TASK INPUTS |

»»

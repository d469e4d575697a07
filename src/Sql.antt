-- ===== src/Sql.antt =====
-- SQL's column expressions: a nullable column is an `Option`, a condition has three values, and
-- `none` is NULL. These are the operators in which spark/utils/validator.py,
-- spark/utils/avro_deserializer.py and the scripts write their column expressions.
use payments_cdc_pipeline.Prelude.{
  ℕ, String, List, [], ◌∷◌, Bool, true, false, Option, none, some, not, ◌||◌, ltb, text_eq, keep,
  if◌then◌else◌,
}
use payments_cdc_pipeline.Prelude.Int.{ℤ, ltb_ℤ}

abbrev pub Condition : Type 0
Condition = Option Bool

-- `~c`
abbrev pub negate : Condition → Condition
negate none = none
negate (some b) = some (not b)

-- `a & b`: FALSE wins over NULL.
abbrev pub both : Condition → Condition → Condition
both (some false) b = some false
both (some true) b = b
both none (some false) = some false
both none (some true) = none
both none none = none

-- `a | b`: TRUE wins over NULL.
abbrev pub either : Condition → Condition → Condition
either (some true) b = some true
either (some false) b = b
either none (some true) = some true
either none (some false) = none
either none none = none

-- `filter`, `when` and a MERGE clause act only where the condition is TRUE.
abbrev pub holds : Condition → Bool
holds none = false
holds (some b) = b

abbrev pub where_holds {ℓ} : {A : Type ℓ} → (A → Condition) → List A → List A
where_holds c = keep (λ r. holds (c r))

-- `F.when(c, F.lit(v))` with no `otherwise`
abbrev pub when {ℓ} : {A : Type ℓ} → Condition → A → Option A
when c v = if holds c then some v else none

-- `F.coalesce(a, b)`
abbrev pub coalesce {ℓ} : {A : Type ℓ} → Option A → Option A → Option A
coalesce (some v) b = some v
coalesce none b = b

abbrev pub is_null {ℓ} : {A : Type ℓ} → Option A → Condition
is_null none = some true
is_null (some v) = some false

-- A comparison with NULL is NULL.
abbrev pub lift {ℓ} : {A : Type ℓ} → (A → Bool) → Option A → Condition
lift test none = none
lift test (some v) = some (test v)

abbrev pub lift₂ {ℓ} : {A : Type ℓ} → (A → A → Bool) → Option A → Option A → Condition
lift₂ test none b = none
lift₂ test (some v) none = none
lift₂ test (some v) (some w) = some (test v w)

-- `a > b` on BIGINT columns that hold log positions
abbrev pub greater : Option ℕ → Option ℕ → Condition
greater = lift₂ (λ a b. ltb b a)

-- `col < 0`
abbrev pub negative : Option ℤ → Condition
negative = lift (λ a. ltb_ℤ a (ℤ.pos 0))

abbrev pub equal : Option String → Option String → Condition
equal = lift₂ text_eq

abbrev pub member : List String → String → Bool
member [] s = false
member (t ∷ ts) s = text_eq t s || member ts s

-- `col.isin(list)`
abbrev pub is_in : List String → Option String → Condition
is_in ts = lift (member ts)
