-- ===== src/Exec.antt =====
-- Python functions that change the process or an outside store and may raise. What was written
-- before a raise stays written, so the state comes back beside the exception.
use payments_cdc_pipeline.Prelude.{◌≡◌, refl, ap, ◌⊎◌, inl, inr, arith}
use mathlib.Core.Path.{subst}
use payments_cdc_pipeline.Errors.{Error, Result, ok, err}

abbrev pub Exec : Type 0 → Type 0 → Type 0
Exec S A = S → Result A × S

-- How a write to an outside store ends: acknowledged, rejected before anything is stored, or stored
-- with the caller dead or cut off before the acknowledgement.
pub data Outcome : Type 0 where
  acknowledged refused lost : Outcome

pub Outcome-cases : (o : Outcome) → (o ≡ acknowledged) ⊎ ((o ≡ refused) ⊎ (o ≡ lost))
Outcome-cases acknowledged = inl refl
Outcome-cases refused = inr (inl refl)
Outcome-cases lost = inr (inr refl)

module _ {S A : Type 0} where
  abbrev pub pure : A → Exec S A
  pure a s = (ok a, s)

  abbrev pub raise : Error → Exec S A
  raise e s = (err e, s)

  abbrev pub gets : (S → A) → Exec S A
  gets f s = (ok (f s), s)

  abbrev pub embed : Result A → Exec S A
  embed r s = (r, s)

module _ {S A B : Type 0} where
  infixl 5 ◌>>=◌
  abbrev pub ◌>>=◌ : Exec S A → (A → Exec S B) → Exec S B
  ◌>>=◌ m f s = let (r, s') = m s in elim r [ ok a ↦ f a s' | err e ↦ (err e, s') ]

  infixl 5 ◌>>◌
  abbrev pub ◌>>◌ : Exec S A → Exec S B → Exec S B
  m >> n = m >>= λ _. n

module _ {S : Type 0} where
  abbrev pub modify : (S → S) → Exec S (Unit {0})
  modify f s = (ok tt, f s)

  -- A write to an outside store.
  abbrev pub write : Outcome → Error → (S → S) → Exec S (Unit {0})
  write acknowledged e f s = (ok tt, f s)
  write refused e f s = (err e, s)
  write lost e f s = (err e, f s)

-- A call that returns hands its value and state to what follows.
pub bind_ok :
    {S A B : Type 0} (m : Exec S A) (f : A → Exec S B) (s s' : S) (a : A)
    → m s ≡ (ok a, s')
    → (m >>= f) s ≡ f a s'
bind_ok {S} {A} {B} m f s s' a e = ap next e
  where
    next : Result A × S → Result B × S
    next p = elim p.0 [ ok a ↦ f a p.1 | err x ↦ (err x, p.1) ]

-- A property of how a call ends is proved of a sequence by its parts: of the second call where the
-- first returns, and of the exception where it raises.
pub bind-ends :
    {S A B : Type 0} (P : Result B → S → Type 0) (m : Exec S A) (f : A → Exec S B) (s : S)
    → ((a : A) (s' : S) → m s ≡ (ok a, s') → P (f a s').0 (f a s').1)
    → ((e : Error) (s' : S) → m s ≡ (err e, s') → P (err e) s')
    → P ((m >>= f) s).0 ((m >>= f) s).1
bind-ends {S} {A} {B} P m f s h k = go (m s) refl
  where
    next : Result A × S → Result B × S
    next p = elim p.0 [ ok a ↦ f a p.1 | err e ↦ (err e, p.1) ]

    go : (p : Result A × S) → m s ≡ p → P (next p).0 (next p).1
    go (ok a, s') e = h a s' e
    go (err x, s') e = k x s' e

-- A property of the state that a call keeps, however it ends.
abbrev pub Keeps : {S A : Type 0} → (S → Type 0) → Exec S A → Type 0
Keeps {S} P m = (s : S) → P s → P (m s).1

pub bind-Keeps :
    {S A B : Type 0} (P : S → Type 0) (m : Exec S A) (f : A → Exec S B)
    → Keeps P m
    → ((a : A) → Keeps P (f a))
    → Keeps P (m >>= f)
bind-Keeps {S} {A} {B} P m f h k s p =
    bind-ends (λ (r : Result B) (s' : S). P s') m f s
      (λ a s' e. k a s' (subst (λ (x : Result A × S). P x.1) e (h s p)))
      (λ x s' e. subst (λ (x : Result A × S). P x.1) e (h s p))

-- What follows a check that returns, and a write, returns only if the check passed and the write was
-- acknowledged.
pub check-inversion :
    {S B : Type 0} (r : Result (Unit {0})) (k : Exec S B) (s s' : S) (b : B)
    → (embed r >> k) s ≡ (ok b, s')
    → k s ≡ (ok b, s')
check-inversion (ok tt) k s s' b h = h
check-inversion (err x) k s s' b h = absurd (ground (arith, h))

pub write-inversion :
    {S A B : Type 0} (o : Outcome) (e : Error) (f : S → S) (a : A) (k : A → Exec S B) (s s' : S)
    (b : B)
    → (write o e f >> pure a >>= k) s ≡ (ok b, s')
    → k a (f s) ≡ (ok b, s')
write-inversion acknowledged e f a k s s' b h = h
write-inversion refused e f a k s s' b h = absurd (ground (arith, h))
write-inversion lost e f a k s s' b h = absurd (ground (arith, h))

-- The value and the state of a call that returned.
pub pure-inversion :
    {S A : Type 0} (a a' : A) (s s' : S) → pure a s ≡ (ok a', s') → (a ≡ a') × (s ≡ s')
pure-inversion {S} {A} a a' s s' h =
    (ap (λ (q : Result A × S). value q.0) h, ap (λ (q : Result A × S). q.1) h)
  where
    value : Result A → A
    value (ok x) = x
    value (err x) = a

-- A sequence that returns is two calls that return.
pub bind-inversion :
    {S A B : Type 0} (m : Exec S A) (f : A → Exec S B) (s s'' : S) (b : B)
    → (m >>= f) s ≡ (ok b, s'')
    → (a : A) × (s' : S) × (m s ≡ (ok a, s')) × (f a s' ≡ (ok b, s''))
bind-inversion {S} {A} {B} m f s s'' b = go (m s) refl
  where
    next : Result A × S → Result B × S
    next p = elim p.0 [ ok a ↦ f a p.1 | err e ↦ (err e, p.1) ]

    go :
        (p : Result A × S)
        → m s ≡ p
        → next p ≡ (ok b, s'')
        → (a : A) × (s' : S) × (m s ≡ (ok a, s')) × (f a s' ≡ (ok b, s''))
    go (ok a, s') e h = (a, s', e, h)
    go (err x, s') e h = absurd (ground (arith, h))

««

WORK INSTRUCTION | Where the data above reaches the line holding "either none none = none", begin printing, and stop after the line holding "abbrev pub coalesce". Each line must be reproduced exactly, with nothing else added.

EXERCISE SOLUTION |
either none none = none

-- `filter`, `when` and a MERGE clause act only where the condition is TRUE.
abbrev pub holds : Condition → Bool
holds none = false
holds (some b) = b

abbrev pub where_holds {ℓ} : {A : Type ℓ} → (A → Condition) → List A → List A
where_holds c = keep (λ r. holds (c r))

-- `F.when(c, F.lit(v))` with no `otherwise`
abbrev pub when {ℓ} : {A : Type ℓ} → Condition → A → Option A
when c v = if holds c then some v else none

-- `F.coalesce(a, b)`
abbrev pub coalesce {ℓ} : {A : Type ℓ} → Option A → Option A → Option A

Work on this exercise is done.